◆ Items from a data source ◆
------------------------
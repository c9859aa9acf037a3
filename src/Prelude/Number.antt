-- ===== src/Prelude/Number.antt =====
-- What the code uses of `float` and of `decimal.Decimal`: the operators, as a parameter of the
-- model. The laws are records of their own, so that each theorem names what it relies on.
use football_agent.Prelude.Tests.{if◌then◌else◌}
use football_agent.Prelude.Int.{
  ℤ, pos, pos_part, ◌+ℤ◌, ◌-ℤ◌, ◌*ℤ◌, ltb_ℤ, leb_ℤ, +ℤ_assoc, +ℤ_zero, zero_+ℤ,
}
use Prim.Native.Nat.{ℕ, ◌/◌}
use mathlib.Core.Path.{◌≡◌, refl}
use mathlib.Core.Bool.{Bool, true, false, not, ◌&&◌}
use native.Mathlib.Omega.{arith}

pub record Number (R : Type 0) : Type 0 where
  -- an integer literal or an `int` operand
  pub of_nat : ℕ → R
  pub add : R → R → R
  pub sub : R → R → R
  pub mul : R → R → R
  pub div : R → R → R
  pub lt : R → R → Bool
  pub le : R → R → Bool
  pub eq : R → R → Bool

abbrev pub nought : {R : Type 0} ⦃n : Number R⦄ → R
nought ⦃n⦄ = n.of_nat 0

-- `-x`
abbrev pub neg : {R : Type 0} ⦃n : Number R⦄ → R → R
neg ⦃n⦄ x = n.sub (n.of_nat 0) x

-- `max(a, b)` keeps `a` unless `b` is greater.
abbrev pub max_of : {R : Type 0} ⦃n : Number R⦄ → R → R → R
max_of ⦃n⦄ a b = if n.lt a b then b else a

-- Addition as Decimal has it while the sums fit the precision of the context.
pub record IsExact {R : Type 0} (n : Number R) : Type 0 where
  pub add_assoc : (a b c : R) → n.add (n.add a b) c ≡ n.add a (n.add b c)
  pub add_zero : (a : R) → n.add a (n.of_nat 0) ≡ a
  pub zero_add : (a : R) → n.add (n.of_nat 0) a ≡ a

-- The order of numbers that are not NaN.
pub record IsOrdered {R : Type 0} (n : Number R) : Type 0 where
  pub le_refl : (a : R) → n.le a a ≡ true
  pub le_trans : (a b c : R) → n.le a b ≡ true → n.le b c ≡ true → n.le a c ≡ true
  pub lt-eq-not-le : (a b : R) → n.lt a b ≡ not (n.le b a)
  pub le_total : (a b : R) → n.le a b ≡ false → n.le b a ≡ true
  pub eq-eq-le : (a b : R) → n.eq a b ≡ (n.le a b && n.le b a)

-- The integers are such numbers: the instance that the examples use. Division is of the
-- non-negative ones.
instance abbrev pub int_number : Number ℤ
int_number = record {
  of_nat = pos;
  add = ◌+ℤ◌;
  sub = ◌-ℤ◌;
  mul = ◌*ℤ◌;
  div = λ a b. pos (pos_part a / pos_part b);
  lt = ltb_ℤ;
  le = leb_ℤ;
  eq = λ a b. leb_ℤ a b && leb_ℤ b a;
}

pub int-IsExact : IsExact int_number
int-IsExact = record { add_assoc = +ℤ_assoc; add_zero = +ℤ_zero; zero_add = zero_+ℤ }

leb_trans : (a b c : ℤ) → leb_ℤ a b ≡ true → leb_ℤ b c ≡ true → leb_ℤ a c ≡ true
leb_trans a b c h k = ground arith

pub int-IsOrdered : IsOrdered int_number
int-IsOrdered = record {
  le_refl = λ a. ground arith;
  le_trans = leb_trans;
  lt-eq-not-le = λ a b. ground arith;
  le_total = λ a b h. ground arith;
  eq-eq-le = λ a b. refl;
}
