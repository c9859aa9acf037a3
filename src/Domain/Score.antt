-- ===== src/Domain/Score.antt =====
-- app/models/value_objects/score.py: goals scored, and the 1X2 result they make.
use football_agent.Prelude.{ℕ, ◌+◌, Bool, ◌&&◌, Option, none, some, ltb, ◌==◌, if◌then◌else◌}
use football_agent.Prelude.Int.{ℤ, pos, pos_part, ltb_ℤ}
use mathlib.Core.Bool.{◌||◌}

-- The three outcomes from the home team's perspective.
pub data MatchResult : Type 0 where
  home draw away : MatchResult

pub record Score : Type 0 where
  pub home : ℕ
  pub away : ℕ

abbrev pub score_of : ℕ → ℕ → Score
score_of h a = record { home = h; away = a }

-- `Score(home, away)` on any integers; `none` is the ValueError.
unfoldable pub make_score : ℤ → ℤ → Option Score
make_score h a =
    if ltb_ℤ h (pos 0) || ltb_ℤ a (pos 0) then none else some (score_of (pos_part h) (pos_part a))

unfoldable pub result : Score → MatchResult
result s =
    if ltb s.away s.home
    then MatchResult.home
    else if ltb s.home s.away
    then MatchResult.away
    else MatchResult.draw

abbrev pub total_goals : Score → ℕ
total_goals s = s.home + s.away

abbrev pub both_teams_scored : Score → Bool
both_teams_scored s = ltb 0 s.home && ltb 0 s.away

abbrev pub is_draw : Score → Bool
is_draw s = s.home == s.away
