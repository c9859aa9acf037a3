-- ===== src/Domain/Markets.antt =====
-- app/models/value_objects/markets.py: market families, and one bettable outcome of a market.
use football_agent.Prelude.{
  String, Bool, true, false, ◌&&◌, Option, none, some, is_some, not, if◌then◌else◌, str_eq,
}

pub data MarketType : Type 0 where
  match_result double_chance over_under both_teams_to_score : MarketType
  asian_handicap correct_score draw_no_bet : MarketType

-- `market.value`
abbrev pub market_value : MarketType → String
market_value MarketType.match_result = "1x2"
market_value MarketType.double_chance = "double_chance"
market_value MarketType.over_under = "over_under"
market_value MarketType.both_teams_to_score = "btts"
market_value MarketType.asian_handicap = "asian_handicap"
market_value MarketType.correct_score = "correct_score"
market_value MarketType.draw_no_bet = "draw_no_bet"

-- The line is a `float`.
pub record Selection (F : Type 0) : Type 0 where
  pub market : MarketType
  pub code : String
  pub line : Option F

abbrev pub needs_line : MarketType → Bool
needs_line MarketType.over_under = true
needs_line MarketType.asian_handicap = true
needs_line _ = false

-- `Selection(market, code, line)`; `none` is the ValueError.
unfoldable pub make_selection : {F : Type 0} → MarketType → String → Option F → Option (Selection F)
make_selection m c l =
    if str_eq c ""
    then none
    else if needs_line m && not (is_some l)
    then none
    else some (record { market = m; code = c; line = l })
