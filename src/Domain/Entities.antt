-- ===== src/Domain/Entities.antt =====
-- app/models/entities: fixtures, value bets and settlement records, with the fields that the
-- modelled services read. Identifiers (UUIDs) are only compared, so they are numbers. An instant
-- is a count of microseconds and whether the `datetime` carries a time zone.
use football_agent.Prelude.{
  ℕ, String, Bool, ◌||◌, Option, none, some, is_some, not, ltb, if◌then◌else◌, str_eq, strip,
  str_len,
}
use football_agent.Prelude.Int.{ℤ}
use football_agent.Prelude.Number.{Number, nought}
use football_agent.Domain.Score.{Score}
use football_agent.Domain.Markets.{Selection}

pub record Instant : Type 0 where
  pub tick : ℕ
  pub aware : Bool

pub data MatchStatus : Type 0 where
  scheduled live finished postponed cancelled : MatchStatus

pub record Fixture : Type 0 where
  pub id : ℕ
  pub home_team_id : ℕ
  pub away_team_id : ℕ
  pub kickoff : Instant
  pub status : MatchStatus
  pub score : Option Score
  pub external_id : Option String
  pub external_source : Option String

-- What the fixtures feed reports of one match.
pub record ProviderFixture : Type 0 where
  pub provider_id : String
  pub status : String
  pub home_score : Option ℤ
  pub away_score : Option ℤ
  pub regulation_home_score : Option ℤ
  pub regulation_away_score : Option ℤ

-- `stake` is the amount of the stake's money; the odds are decimal odds.
pub record ValueBet (D F : Type 0) : Type 0 where
  pub id : ℕ
  pub fixture_id : ℕ
  pub selection : Selection F
  pub odds : D
  pub bookmaker_id : Option ℕ
  pub stake : Option D

pub data SettlementResult : Type 0 where
  win loss push void : SettlementResult

pub record Settlement (D : Type 0) : Type 0 where
  pub value_bet_id : ℕ
  pub fixture_id : ℕ
  pub result : SettlementResult
  pub score_home : Option ℕ
  pub score_away : Option ℕ
  pub profit_loss : D
  pub void_reason_code : Option String
  pub bankroll_before : D
  pub bankroll_after : D

abbrev reason_text : Option String → String
reason_text none = ""
reason_text (some r) = strip r

-- The checks of `Settlement.__post_init__`; `none` is the ValueError.
module _ {D : Type 0} ⦃d : Number D⦄ where
  unfoldable pub check_void : Settlement D → Option (Settlement D)
  check_void s =
      if is_some s.score_home || is_some s.score_away
      then none
      else if not (d.eq s.profit_loss nought)
      then none
      else if str_eq (reason_text s.void_reason_code) ""
      then none
      else if ltb 64 (str_len (reason_text s.void_reason_code))
      then none
      else some (record s { void_reason_code = some (reason_text s.void_reason_code) })

  unfoldable pub check_played : Settlement D → Option (Settlement D)
  check_played s =
      if not (is_some s.score_home) || not (is_some s.score_away)
      then none
      else if is_some s.void_reason_code
      then none
      else some s

  abbrev check_by : SettlementResult → Settlement D → Option (Settlement D)
  check_by SettlementResult.void s = check_void s
  check_by SettlementResult.win s = check_played s
  check_by SettlementResult.loss s = check_played s
  check_by SettlementResult.push s = check_played s

  unfoldable pub make_settlement : Settlement D → Option (Settlement D)
  make_settlement s = check_by s.result s
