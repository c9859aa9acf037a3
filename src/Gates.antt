-- ===== src/Gates.antt =====
-- The gates that a recommendation passes.
pub mod Recommendation
pub mod Daily
pub mod Lineup
pub mod PreKickoff
pub mod MarketQuote
pub mod MarketMovement
mod Tests
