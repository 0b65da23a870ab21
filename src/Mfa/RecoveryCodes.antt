-- ===== src/Mfa/RecoveryCodes.antt =====
-- services/mfa.service.ts: `hashRecoveryCodes` and `regenerateRecoveryCodes`, which replaces every
-- recovery code of an account. What `randomBytes` draws is a field of the request.
use nest_auth.Prelude.{
  ℕ, zero, suc, ◌+◌, ◌/◌, ◌%◌, ◌-◌, ltb, Bool, true, false, not, Option, none, some, List, [], ◌∷◌,
  ◌++◌, Text, if◌then◌else◌, Result, ok, account_locked, mfa_not_enabled, token_invalid,
}
use nest_auth.Prelude.Action.{Action, pure, or_throw, from_result, throw_if, ◌>>=◌, ◌>>◌}
use nest_auth.Keys.{Plane, dashboard, platform}
use nest_auth.Users.{Account, MfaWrite}
use nest_auth.Mfa.{
  Server, State, from_store, disable, stored_secret, is_mfa_flow_locked_out, assert_plane_tenant,
  decrypt_with_rotation,
}
use nest_auth.Mfa.Codes.{verify_totp_with_anti_replay}
use nest_auth.Mfa.Transition.{transition_mfa_record}
use nest_auth.Mfa.Challenge.{on_result_store, settle_code}
use nest_auth.Mfa.Removal.{fetch}

-- DEFAULT_RECOVERY_CODE_COUNT
abbrev pub default_recovery_code_count : ℕ
default_recovery_code_count = 8

abbrev pub count_or_default : Option ℕ → ℕ
count_or_default none = default_recovery_code_count
count_or_default (some count) = count

abbrev hex_digit : ℕ → ℕ
hex_digit n = if ltb n 10 then b'0' + n else b'a' + (n - 10)

-- `toString('hex')` of bytes
unfoldable pub hex : List ℕ → Text
hex [] = []
hex (byte ∷ bytes) = hex_digit (byte / 16) ∷ (hex_digit (byte % 16) ∷ hex bytes)

-- the slices of four characters, the last one shorter where the length is no multiple of four
unfoldable pub groups : Text → List Text
groups [] = []
groups (a ∷ []) = (a ∷ []) ∷ []
groups (a ∷ (b ∷ [])) = (a ∷ (b ∷ [])) ∷ []
groups (a ∷ (b ∷ (c ∷ []))) = (a ∷ (b ∷ (c ∷ []))) ∷ []
groups (a ∷ (b ∷ (c ∷ (d ∷ t)))) = (a ∷ (b ∷ (c ∷ (d ∷ [])))) ∷ groups t

-- `join('-')`
unfoldable pub join : List Text → Text
join [] = []
join (group ∷ []) = group
join (group ∷ (next ∷ rest)) = group ++ b'-' ∷ join (next ∷ rest)

-- the codes that are shown, and their digests
pub record CodeSet : Type 0 where
  pub plain_codes : List Text
  pub hashed_codes : List Text

-- the request, with the token that is drawn for the lock and the bytes that are drawn for each code
pub record Regeneration : Type 0 where
  pub user_id : Text
  pub totp_code : Text
  pub context : Plane
  pub tenant_id : Option Text
  pub lock_token : Text
  pub draws : ℕ → List ℕ

module _ (server : Server) where
  open server use {env, to_upper_case, has_platform_repository, recovery_code_count}
  open server.env use {hmac, hmac_key}

  unfoldable pub shown_code : List ℕ → Text
  shown_code bytes = to_upper_case (join (groups (hex bytes)))

  -- the loop of `hashRecoveryCodes`, with the codes that are left
  unfoldable pub hash_recovery_codes : (ℕ → List ℕ) → ℕ → ℕ → CodeSet
  hash_recovery_codes draws i zero = record { plain_codes = []; hashed_codes = [] }
  hash_recovery_codes draws i (suc n) =
      let rest = hash_recovery_codes draws (suc i) n in
      let code = shown_code (draws i) in
      record {
        plain_codes = code ∷ rest.plain_codes;
        hashed_codes = hmac code hmac_key ∷ rest.hashed_codes;
      }

  -- The codes are not written where the second factor is gone.
  abbrev pub replace_codes : List Text → Account → Result (Option MfaWrite)
  replace_codes hashed current =
      if current.safe.mfa_enabled
      then ok (
          some (record {
            mfa_enabled = true;
            mfa_secret = current.mfa_secret;
            mfa_recovery_codes = some hashed;
          }))
      else ok none

  abbrev pub lacks_repository : Plane → Bool
  lacks_repository dashboard = false
  lacks_repository platform = not has_platform_repository

  unfoldable pub write_codes : Regeneration → CodeSet → Action (State server) (List Text)
  write_codes r set = do
    replaced ←
        transition_mfa_record server r.context r.user_id r.tenant_id
          (replace_codes set.hashed_codes) r.lock_token
    throw_if (not replaced) mfa_not_enabled
    pure set.plain_codes

  unfoldable pub regenerate_recovery_codes : Regeneration → Action (State server) (List Text)
  regenerate_recovery_codes r = do
    from_result (assert_plane_tenant server r.context r.tenant_id)
    throw_if (lacks_repository r.context) mfa_not_enabled
    user ← fetch server r.context r.user_id r.tenant_id
    throw_if (not user.safe.mfa_enabled) mfa_not_enabled
    locked ←
        from_store server (is_mfa_flow_locked_out server disable r.context r.user_id r.tenant_id)
    throw_if locked account_locked
    encrypted ← or_throw token_invalid (stored_secret user.mfa_secret)
    d ← or_throw token_invalid (decrypt_with_rotation server encrypted)
    valid ←
        on_result_store server
          (verify_totp_with_anti_replay server r.context r.user_id d.secret r.totp_code r.tenant_id)
    settle_code server disable r.context r.user_id r.tenant_id valid
    write_codes r (hash_recovery_codes r.draws 0 (count_or_default recovery_code_count))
------------------------
Give back exactly the lines above starting at the line where "write_codes r set = do" appears and ending at the line where "(verify_totp_with_anti_replay server r.context" appears, both included, with no other lines.

◆ The answer ◆
  write_codes r set = do
    replaced ←
        transition_mfa_record server r.context r.user_id r.tenant_id
          (replace_codes set.hashed_codes) r.lock_token
    throw_if (not replaced) mfa_not_enabled
    pure set.plain_codes

  unfoldable pub regenerate_recovery_codes : Regeneration → Action (State server) (List Text)
  regenerate_recovery_codes r = do
    from_result (assert_plane_tenant server r.context r.tenant_id)
    throw_if (lacks_repository r.context) mfa_not_enabled
    user ← fetch server r.context r.user_id r.tenant_id
    throw_if (not user.safe.mfa_enabled) mfa_not_enabled
    locked ←
        from_store server (is_mfa_flow_locked_out server disable r.context r.user_id r.tenant_id)
    throw_if locked account_locked
    encrypted ← or_throw token_invalid (stored_secret user.mfa_secret)
    d ← or_throw token_invalid (decrypt_with_rotation server encrypted)
    valid ←
        on_result_store server
          (verify_totp_with_anti_replay server r.context r.user_id d.secret r.totp_code r.tenant_id)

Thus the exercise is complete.